══ EXTRACTED INFORMATION

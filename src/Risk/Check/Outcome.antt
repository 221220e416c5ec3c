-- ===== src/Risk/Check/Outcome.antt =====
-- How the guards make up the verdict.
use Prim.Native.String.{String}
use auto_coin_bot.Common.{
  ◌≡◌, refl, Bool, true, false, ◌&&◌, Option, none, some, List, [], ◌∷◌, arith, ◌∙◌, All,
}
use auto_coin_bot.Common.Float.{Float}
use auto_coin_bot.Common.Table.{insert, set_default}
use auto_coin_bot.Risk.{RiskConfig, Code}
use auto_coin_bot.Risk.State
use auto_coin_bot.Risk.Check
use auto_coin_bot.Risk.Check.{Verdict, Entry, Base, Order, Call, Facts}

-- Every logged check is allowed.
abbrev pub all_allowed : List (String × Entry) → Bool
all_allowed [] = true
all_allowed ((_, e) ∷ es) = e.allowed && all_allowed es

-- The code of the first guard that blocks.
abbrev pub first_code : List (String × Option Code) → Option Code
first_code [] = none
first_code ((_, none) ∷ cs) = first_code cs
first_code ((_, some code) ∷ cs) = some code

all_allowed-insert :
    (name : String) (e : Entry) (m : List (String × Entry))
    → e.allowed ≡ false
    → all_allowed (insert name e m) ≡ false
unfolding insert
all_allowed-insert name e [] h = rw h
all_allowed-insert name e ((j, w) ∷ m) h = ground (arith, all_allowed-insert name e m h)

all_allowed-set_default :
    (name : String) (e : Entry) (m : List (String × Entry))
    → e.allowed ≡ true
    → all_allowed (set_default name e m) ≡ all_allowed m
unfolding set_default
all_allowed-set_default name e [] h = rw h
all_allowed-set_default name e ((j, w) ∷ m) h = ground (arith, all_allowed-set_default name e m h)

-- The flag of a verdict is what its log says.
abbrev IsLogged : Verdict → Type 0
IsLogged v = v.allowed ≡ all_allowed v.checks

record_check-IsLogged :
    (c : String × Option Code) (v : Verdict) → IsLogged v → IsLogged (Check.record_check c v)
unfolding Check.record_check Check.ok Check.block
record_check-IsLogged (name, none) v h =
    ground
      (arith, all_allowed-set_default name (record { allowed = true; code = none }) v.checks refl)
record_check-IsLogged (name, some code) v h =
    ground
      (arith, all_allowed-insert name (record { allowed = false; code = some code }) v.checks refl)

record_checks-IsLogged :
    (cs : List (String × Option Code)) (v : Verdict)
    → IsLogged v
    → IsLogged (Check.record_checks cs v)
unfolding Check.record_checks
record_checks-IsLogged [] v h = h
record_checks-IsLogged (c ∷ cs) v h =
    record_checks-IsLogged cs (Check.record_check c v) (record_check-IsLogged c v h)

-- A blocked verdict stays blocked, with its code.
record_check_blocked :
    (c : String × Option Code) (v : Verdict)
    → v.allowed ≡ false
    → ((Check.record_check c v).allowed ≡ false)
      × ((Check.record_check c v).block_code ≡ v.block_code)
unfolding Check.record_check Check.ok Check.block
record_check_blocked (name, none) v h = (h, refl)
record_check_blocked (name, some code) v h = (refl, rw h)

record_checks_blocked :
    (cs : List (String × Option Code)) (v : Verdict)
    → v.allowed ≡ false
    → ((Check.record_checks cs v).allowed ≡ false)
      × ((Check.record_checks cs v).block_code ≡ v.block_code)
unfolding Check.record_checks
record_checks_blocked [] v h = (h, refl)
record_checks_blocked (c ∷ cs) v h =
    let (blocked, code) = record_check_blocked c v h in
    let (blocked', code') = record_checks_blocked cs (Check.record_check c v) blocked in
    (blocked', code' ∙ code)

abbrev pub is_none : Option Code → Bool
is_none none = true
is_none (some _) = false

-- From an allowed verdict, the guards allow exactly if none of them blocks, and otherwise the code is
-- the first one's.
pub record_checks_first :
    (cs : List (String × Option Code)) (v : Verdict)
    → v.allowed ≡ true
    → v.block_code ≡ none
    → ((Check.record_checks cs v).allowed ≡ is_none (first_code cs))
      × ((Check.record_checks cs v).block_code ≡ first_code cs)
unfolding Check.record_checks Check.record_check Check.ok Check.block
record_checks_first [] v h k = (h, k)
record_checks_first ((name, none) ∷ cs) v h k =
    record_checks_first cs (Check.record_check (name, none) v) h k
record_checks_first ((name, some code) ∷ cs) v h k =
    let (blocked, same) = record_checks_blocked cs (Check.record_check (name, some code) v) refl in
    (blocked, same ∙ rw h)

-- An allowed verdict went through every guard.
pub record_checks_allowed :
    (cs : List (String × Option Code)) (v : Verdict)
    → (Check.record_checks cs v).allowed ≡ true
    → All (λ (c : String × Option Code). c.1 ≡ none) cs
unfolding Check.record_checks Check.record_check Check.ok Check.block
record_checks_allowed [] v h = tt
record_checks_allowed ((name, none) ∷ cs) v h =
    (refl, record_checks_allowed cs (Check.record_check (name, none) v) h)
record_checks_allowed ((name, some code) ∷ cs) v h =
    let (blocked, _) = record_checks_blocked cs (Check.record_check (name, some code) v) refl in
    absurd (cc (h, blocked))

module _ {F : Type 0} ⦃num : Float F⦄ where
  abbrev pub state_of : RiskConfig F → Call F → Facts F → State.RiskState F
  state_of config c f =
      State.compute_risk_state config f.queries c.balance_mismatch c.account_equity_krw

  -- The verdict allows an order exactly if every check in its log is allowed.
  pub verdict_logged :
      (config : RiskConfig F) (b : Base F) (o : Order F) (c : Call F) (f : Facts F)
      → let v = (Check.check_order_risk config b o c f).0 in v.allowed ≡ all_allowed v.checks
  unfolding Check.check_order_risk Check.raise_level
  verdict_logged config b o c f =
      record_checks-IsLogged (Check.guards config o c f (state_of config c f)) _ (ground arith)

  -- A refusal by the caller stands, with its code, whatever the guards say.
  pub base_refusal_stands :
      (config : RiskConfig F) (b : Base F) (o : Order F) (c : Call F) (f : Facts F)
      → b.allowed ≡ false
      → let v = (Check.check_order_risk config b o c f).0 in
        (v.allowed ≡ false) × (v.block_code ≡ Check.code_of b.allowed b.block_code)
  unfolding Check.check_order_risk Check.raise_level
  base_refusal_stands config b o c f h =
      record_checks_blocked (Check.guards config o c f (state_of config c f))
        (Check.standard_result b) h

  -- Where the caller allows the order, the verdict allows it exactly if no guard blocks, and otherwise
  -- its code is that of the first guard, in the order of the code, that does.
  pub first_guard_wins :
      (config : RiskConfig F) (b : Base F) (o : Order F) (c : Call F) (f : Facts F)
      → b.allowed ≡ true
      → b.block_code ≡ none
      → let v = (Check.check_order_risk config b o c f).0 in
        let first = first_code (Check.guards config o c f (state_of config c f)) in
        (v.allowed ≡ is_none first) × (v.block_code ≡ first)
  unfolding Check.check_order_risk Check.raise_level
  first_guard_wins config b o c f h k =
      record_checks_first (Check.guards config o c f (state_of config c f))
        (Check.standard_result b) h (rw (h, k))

════
══ EXTRACTED INFORMATION

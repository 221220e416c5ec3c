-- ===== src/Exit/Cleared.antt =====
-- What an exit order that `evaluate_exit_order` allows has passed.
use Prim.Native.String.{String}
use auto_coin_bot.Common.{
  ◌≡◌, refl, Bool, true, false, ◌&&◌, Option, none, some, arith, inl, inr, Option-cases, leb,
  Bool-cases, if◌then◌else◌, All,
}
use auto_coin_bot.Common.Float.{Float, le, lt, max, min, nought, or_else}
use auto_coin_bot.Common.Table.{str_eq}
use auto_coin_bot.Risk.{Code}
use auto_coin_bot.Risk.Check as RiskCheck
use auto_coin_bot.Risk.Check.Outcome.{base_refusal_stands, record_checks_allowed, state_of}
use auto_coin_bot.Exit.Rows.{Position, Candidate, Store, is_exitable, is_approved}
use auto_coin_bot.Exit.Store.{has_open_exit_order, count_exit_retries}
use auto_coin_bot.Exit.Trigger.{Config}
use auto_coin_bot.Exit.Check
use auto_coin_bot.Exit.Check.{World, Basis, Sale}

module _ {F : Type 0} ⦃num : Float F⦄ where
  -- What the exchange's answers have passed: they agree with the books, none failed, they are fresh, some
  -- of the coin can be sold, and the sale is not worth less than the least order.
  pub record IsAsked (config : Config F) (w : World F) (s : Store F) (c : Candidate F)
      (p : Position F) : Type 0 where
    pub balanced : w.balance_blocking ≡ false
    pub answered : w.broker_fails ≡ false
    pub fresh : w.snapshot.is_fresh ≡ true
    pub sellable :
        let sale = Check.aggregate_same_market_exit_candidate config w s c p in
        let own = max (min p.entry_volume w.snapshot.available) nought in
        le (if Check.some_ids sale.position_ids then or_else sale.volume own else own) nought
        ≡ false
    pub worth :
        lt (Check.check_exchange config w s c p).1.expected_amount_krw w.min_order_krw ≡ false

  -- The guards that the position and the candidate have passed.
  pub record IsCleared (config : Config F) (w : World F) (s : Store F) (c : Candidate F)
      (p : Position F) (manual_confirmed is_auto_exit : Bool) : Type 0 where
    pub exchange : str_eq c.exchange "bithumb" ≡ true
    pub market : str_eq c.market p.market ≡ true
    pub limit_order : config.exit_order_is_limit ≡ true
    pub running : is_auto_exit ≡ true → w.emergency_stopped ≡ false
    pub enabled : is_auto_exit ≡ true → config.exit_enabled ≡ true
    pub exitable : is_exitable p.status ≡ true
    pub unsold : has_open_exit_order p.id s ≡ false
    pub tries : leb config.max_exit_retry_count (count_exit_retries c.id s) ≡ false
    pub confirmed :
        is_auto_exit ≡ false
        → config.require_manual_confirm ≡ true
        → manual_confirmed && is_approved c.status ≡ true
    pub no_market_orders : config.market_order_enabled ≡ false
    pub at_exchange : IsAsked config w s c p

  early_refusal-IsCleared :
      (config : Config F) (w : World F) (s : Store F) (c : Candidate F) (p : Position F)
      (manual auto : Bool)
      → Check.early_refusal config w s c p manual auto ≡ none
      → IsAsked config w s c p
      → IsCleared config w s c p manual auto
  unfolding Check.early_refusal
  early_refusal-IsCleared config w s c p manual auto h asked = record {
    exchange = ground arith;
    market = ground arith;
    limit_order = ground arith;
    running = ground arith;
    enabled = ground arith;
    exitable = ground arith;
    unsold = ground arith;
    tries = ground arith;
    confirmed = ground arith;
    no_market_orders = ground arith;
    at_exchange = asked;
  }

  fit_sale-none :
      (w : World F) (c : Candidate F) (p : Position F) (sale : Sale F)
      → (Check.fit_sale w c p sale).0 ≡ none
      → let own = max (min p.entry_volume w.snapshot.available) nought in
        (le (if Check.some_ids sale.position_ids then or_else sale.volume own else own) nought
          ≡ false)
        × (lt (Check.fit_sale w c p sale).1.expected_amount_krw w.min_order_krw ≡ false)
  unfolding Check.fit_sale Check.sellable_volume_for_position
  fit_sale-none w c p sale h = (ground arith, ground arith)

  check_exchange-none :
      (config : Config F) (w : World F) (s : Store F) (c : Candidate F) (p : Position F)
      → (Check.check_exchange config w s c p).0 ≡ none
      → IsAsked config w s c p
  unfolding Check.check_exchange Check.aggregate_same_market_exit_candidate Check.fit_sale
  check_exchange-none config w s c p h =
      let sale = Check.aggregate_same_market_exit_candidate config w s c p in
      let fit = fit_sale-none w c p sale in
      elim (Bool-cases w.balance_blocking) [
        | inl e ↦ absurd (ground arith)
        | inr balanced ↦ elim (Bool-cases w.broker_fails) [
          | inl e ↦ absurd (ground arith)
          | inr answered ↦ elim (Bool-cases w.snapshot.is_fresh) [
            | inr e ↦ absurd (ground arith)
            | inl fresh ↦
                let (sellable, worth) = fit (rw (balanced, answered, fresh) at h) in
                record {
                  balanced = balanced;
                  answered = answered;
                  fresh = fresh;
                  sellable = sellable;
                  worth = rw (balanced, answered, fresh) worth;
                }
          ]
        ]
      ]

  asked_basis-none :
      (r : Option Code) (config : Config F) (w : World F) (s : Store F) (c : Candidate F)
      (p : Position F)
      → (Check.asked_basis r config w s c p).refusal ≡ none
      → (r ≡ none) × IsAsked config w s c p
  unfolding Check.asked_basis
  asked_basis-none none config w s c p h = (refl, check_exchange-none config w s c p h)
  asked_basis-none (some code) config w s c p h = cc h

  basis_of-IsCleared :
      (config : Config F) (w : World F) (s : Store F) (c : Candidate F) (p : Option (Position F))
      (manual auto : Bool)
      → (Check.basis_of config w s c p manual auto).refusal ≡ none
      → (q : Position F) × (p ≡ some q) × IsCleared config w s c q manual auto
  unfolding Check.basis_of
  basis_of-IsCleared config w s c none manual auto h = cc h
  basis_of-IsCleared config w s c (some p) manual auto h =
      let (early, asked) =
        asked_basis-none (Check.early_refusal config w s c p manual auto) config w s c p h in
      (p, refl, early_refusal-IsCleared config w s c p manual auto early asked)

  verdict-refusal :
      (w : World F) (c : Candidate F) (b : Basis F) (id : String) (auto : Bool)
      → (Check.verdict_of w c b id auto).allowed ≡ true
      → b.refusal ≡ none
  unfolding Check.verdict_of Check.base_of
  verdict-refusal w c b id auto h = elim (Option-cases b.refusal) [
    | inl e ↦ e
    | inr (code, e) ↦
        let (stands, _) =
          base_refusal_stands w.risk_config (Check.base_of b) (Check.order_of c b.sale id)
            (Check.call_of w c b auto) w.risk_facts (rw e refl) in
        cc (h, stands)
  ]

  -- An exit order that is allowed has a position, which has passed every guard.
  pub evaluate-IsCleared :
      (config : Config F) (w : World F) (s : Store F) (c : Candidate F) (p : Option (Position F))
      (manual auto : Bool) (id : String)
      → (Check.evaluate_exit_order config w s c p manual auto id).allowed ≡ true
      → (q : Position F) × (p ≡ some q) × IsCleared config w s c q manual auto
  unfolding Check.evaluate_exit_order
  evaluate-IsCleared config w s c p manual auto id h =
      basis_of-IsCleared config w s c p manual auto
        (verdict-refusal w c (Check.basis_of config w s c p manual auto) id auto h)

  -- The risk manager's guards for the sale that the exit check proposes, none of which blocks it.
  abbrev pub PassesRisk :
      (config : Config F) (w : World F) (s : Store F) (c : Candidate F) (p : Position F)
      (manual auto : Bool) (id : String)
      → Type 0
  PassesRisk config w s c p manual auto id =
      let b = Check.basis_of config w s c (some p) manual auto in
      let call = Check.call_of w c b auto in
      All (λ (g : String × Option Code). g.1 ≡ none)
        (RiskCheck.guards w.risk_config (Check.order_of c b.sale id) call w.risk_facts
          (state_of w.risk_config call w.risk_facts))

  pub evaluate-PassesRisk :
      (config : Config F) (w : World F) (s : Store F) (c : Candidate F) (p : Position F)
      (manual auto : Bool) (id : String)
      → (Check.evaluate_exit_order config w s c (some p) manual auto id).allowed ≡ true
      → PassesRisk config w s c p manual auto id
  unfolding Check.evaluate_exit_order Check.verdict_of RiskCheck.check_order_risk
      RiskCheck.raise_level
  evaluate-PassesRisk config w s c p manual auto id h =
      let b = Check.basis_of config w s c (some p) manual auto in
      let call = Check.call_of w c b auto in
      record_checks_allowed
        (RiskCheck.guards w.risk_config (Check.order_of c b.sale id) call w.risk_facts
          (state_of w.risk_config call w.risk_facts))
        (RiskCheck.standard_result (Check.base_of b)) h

════
══ EXTRACTED INFORMATION

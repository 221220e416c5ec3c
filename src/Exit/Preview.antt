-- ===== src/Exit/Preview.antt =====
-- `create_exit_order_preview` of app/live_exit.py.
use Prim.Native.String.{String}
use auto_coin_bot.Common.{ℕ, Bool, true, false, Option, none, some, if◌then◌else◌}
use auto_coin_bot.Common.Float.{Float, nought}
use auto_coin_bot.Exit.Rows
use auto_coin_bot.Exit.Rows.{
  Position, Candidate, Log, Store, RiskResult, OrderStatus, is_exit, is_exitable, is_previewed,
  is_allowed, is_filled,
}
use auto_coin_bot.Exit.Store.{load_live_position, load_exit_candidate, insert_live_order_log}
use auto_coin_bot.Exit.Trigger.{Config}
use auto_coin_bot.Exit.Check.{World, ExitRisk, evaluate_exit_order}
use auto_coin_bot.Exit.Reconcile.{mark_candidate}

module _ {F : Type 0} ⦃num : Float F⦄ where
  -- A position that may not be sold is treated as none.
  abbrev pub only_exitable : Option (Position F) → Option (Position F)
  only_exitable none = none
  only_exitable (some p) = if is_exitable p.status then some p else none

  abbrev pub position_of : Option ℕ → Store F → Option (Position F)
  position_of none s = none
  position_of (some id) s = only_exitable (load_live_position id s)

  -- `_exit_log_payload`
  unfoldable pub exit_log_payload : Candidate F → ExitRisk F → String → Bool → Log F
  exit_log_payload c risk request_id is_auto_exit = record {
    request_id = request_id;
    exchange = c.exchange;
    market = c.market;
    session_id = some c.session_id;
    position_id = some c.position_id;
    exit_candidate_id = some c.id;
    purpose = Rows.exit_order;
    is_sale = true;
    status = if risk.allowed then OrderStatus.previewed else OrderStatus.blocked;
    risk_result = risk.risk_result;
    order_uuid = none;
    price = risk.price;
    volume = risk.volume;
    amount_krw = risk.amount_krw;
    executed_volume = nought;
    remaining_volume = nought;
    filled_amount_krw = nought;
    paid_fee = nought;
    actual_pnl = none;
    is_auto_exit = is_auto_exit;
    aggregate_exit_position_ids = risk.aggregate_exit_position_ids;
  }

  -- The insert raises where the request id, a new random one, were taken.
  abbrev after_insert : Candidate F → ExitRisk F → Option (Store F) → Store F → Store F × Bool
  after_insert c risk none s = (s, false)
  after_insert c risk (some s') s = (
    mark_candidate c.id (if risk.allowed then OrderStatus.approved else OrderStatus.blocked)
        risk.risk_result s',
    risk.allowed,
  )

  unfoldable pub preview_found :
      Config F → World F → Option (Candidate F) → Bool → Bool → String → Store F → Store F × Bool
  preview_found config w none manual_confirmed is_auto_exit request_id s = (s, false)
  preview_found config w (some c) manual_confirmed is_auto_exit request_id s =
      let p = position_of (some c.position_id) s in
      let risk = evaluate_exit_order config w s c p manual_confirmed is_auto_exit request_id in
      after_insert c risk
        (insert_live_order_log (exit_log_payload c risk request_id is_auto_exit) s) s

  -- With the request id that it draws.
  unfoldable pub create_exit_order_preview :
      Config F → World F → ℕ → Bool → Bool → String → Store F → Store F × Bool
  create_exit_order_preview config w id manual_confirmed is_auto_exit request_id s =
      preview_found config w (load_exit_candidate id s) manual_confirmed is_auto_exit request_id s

════

■ **TASK PROMPT**: Output only an exact transcription of the lines above from the one with "session_id = some c.session_id;" up to and including the one with "status = if".

■ **ANSWER BOX**:
    session_id = some c.session_id;
    position_id = some c.position_id;
    exit_candidate_id = some c.id;
    purpose = Rows.exit_order;
    is_sale = true;
    status = if risk.allowed then OrderStatus.previewed else OrderStatus.blocked;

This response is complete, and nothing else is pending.